'''

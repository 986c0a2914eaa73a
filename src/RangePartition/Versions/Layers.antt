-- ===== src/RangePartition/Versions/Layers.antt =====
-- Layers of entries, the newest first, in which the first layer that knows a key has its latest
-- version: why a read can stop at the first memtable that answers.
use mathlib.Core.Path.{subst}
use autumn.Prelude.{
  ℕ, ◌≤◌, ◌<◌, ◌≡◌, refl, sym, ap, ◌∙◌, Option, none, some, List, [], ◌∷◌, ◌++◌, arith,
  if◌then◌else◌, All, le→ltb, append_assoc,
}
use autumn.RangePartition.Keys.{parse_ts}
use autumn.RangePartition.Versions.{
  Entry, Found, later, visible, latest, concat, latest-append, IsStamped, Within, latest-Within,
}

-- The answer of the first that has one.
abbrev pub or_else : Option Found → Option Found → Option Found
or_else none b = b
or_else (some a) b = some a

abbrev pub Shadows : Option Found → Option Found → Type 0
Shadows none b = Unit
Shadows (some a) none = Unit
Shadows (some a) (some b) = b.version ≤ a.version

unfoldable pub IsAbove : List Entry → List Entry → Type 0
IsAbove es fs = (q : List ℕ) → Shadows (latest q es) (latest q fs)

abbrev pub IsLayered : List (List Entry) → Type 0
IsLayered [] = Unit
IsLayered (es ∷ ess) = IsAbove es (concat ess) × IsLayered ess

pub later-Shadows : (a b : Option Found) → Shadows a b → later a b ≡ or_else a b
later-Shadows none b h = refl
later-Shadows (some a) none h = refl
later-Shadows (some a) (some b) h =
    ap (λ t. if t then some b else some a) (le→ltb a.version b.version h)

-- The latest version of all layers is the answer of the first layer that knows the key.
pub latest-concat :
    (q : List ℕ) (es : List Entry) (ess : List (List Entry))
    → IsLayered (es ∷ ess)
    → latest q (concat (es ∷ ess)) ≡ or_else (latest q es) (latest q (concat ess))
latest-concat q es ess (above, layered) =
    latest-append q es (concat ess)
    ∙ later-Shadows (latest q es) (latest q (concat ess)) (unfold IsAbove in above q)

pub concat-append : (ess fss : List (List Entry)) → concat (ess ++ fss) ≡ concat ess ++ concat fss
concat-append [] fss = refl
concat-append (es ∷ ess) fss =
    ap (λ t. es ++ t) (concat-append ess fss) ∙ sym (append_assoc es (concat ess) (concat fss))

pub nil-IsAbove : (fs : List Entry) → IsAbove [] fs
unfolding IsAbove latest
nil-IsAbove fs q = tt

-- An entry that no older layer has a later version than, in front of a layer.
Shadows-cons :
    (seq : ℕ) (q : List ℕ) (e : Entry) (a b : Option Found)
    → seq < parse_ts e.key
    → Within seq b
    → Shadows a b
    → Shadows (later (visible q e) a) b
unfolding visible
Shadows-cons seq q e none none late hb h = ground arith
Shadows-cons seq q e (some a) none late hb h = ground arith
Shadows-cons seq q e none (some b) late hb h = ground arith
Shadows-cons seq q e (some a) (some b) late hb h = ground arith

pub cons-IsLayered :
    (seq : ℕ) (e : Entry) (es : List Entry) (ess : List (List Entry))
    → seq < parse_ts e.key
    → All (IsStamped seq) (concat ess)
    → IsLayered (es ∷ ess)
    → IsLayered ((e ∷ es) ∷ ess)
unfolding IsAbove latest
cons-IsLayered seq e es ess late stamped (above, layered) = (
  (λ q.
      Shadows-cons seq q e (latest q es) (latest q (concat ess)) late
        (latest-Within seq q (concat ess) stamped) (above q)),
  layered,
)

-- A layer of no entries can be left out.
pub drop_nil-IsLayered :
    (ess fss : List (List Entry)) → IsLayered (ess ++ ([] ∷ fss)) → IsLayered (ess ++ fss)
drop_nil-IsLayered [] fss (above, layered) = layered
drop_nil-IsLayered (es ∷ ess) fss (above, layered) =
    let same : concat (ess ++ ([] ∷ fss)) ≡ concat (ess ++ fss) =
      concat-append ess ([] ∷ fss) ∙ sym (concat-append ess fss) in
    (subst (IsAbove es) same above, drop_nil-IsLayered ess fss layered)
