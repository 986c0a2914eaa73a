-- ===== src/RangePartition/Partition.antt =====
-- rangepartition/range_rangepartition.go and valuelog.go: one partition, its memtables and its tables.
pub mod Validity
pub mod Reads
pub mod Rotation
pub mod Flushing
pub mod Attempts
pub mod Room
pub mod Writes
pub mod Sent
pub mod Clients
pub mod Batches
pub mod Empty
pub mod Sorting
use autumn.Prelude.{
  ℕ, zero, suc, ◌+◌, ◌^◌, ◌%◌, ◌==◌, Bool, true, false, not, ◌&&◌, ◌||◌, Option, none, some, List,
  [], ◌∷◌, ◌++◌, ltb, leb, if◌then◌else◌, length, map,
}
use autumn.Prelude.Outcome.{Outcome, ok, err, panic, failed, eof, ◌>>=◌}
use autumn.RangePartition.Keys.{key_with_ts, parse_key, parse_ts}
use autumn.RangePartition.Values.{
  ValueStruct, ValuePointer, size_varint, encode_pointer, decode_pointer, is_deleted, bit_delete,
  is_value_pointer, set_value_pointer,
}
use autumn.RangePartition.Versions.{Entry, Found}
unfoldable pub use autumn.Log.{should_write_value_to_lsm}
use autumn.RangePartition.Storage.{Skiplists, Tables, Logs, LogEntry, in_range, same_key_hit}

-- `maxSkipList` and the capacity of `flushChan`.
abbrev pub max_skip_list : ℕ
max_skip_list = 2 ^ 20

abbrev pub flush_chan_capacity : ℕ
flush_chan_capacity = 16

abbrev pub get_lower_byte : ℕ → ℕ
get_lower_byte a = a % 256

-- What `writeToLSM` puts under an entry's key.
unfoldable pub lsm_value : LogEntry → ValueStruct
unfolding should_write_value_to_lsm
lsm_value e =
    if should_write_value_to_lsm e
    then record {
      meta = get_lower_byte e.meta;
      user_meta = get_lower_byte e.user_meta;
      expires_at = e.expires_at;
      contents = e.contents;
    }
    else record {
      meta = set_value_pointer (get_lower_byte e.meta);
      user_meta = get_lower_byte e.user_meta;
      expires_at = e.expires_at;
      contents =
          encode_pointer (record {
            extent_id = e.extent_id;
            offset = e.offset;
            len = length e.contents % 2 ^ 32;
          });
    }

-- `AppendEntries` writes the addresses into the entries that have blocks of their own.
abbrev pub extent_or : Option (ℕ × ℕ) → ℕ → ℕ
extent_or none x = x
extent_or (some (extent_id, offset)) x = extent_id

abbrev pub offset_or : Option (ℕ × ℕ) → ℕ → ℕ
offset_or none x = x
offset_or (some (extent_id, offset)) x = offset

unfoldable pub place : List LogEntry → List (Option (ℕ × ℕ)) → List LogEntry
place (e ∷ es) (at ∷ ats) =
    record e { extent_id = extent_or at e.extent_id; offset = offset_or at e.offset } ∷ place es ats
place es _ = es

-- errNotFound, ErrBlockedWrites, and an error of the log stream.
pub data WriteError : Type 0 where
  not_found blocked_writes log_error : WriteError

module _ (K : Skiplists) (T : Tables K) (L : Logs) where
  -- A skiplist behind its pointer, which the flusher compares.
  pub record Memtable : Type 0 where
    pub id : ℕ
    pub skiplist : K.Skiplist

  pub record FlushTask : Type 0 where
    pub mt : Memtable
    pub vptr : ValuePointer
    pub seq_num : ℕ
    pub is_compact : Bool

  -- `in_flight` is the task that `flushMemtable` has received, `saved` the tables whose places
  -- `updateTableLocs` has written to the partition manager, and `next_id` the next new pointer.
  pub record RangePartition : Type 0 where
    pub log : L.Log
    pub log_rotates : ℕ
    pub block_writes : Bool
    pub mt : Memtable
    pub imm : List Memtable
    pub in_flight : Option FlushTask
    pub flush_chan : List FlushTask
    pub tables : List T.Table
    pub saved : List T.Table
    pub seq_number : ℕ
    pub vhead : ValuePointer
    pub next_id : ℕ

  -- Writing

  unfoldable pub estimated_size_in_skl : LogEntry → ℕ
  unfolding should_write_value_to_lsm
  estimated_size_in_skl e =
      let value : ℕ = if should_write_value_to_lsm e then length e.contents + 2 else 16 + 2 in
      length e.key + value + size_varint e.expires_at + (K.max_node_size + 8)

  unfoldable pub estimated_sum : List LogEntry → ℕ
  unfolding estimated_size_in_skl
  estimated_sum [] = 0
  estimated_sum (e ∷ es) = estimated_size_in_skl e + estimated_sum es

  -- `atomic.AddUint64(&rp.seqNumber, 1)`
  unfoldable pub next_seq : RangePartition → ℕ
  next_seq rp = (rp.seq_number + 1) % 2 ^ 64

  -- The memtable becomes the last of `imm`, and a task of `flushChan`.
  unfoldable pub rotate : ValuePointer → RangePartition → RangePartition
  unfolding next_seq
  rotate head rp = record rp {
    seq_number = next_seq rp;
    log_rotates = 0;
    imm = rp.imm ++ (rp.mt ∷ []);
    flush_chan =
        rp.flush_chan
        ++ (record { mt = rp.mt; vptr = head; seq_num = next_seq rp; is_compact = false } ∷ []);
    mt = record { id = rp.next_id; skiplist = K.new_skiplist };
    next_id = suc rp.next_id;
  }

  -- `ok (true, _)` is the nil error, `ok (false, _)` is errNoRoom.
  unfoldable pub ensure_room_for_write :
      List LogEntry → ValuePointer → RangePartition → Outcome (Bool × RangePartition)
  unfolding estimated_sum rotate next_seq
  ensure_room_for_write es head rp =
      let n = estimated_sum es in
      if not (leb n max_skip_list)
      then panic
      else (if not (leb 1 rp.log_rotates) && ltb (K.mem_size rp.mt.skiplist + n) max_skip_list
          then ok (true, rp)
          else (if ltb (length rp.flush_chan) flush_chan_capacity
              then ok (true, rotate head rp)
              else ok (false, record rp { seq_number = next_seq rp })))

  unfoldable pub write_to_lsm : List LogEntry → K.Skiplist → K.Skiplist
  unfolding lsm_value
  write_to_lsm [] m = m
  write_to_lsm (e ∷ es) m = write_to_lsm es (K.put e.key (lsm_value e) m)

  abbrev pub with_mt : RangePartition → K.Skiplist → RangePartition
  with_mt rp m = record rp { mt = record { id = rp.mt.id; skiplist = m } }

'''

### Goal of the exercise
Using the listing above, return word for word each line from the one that has "concat-append [] fss = refl" through the one that has "-- An entry", and no line outside that range.

### Solution to this exercise
concat-append [] fss = refl
concat-append (es ∷ ess) fss =
    ap (λ t. es ++ t) (concat-append ess fss) ∙ sym (append_assoc es (concat ess) (concat fss))

pub nil-IsAbove : (fs : List Entry) → IsAbove [] fs
unfolding IsAbove latest
nil-IsAbove fs q = tt

-- An entry that no older layer has a later version than, in front of a layer.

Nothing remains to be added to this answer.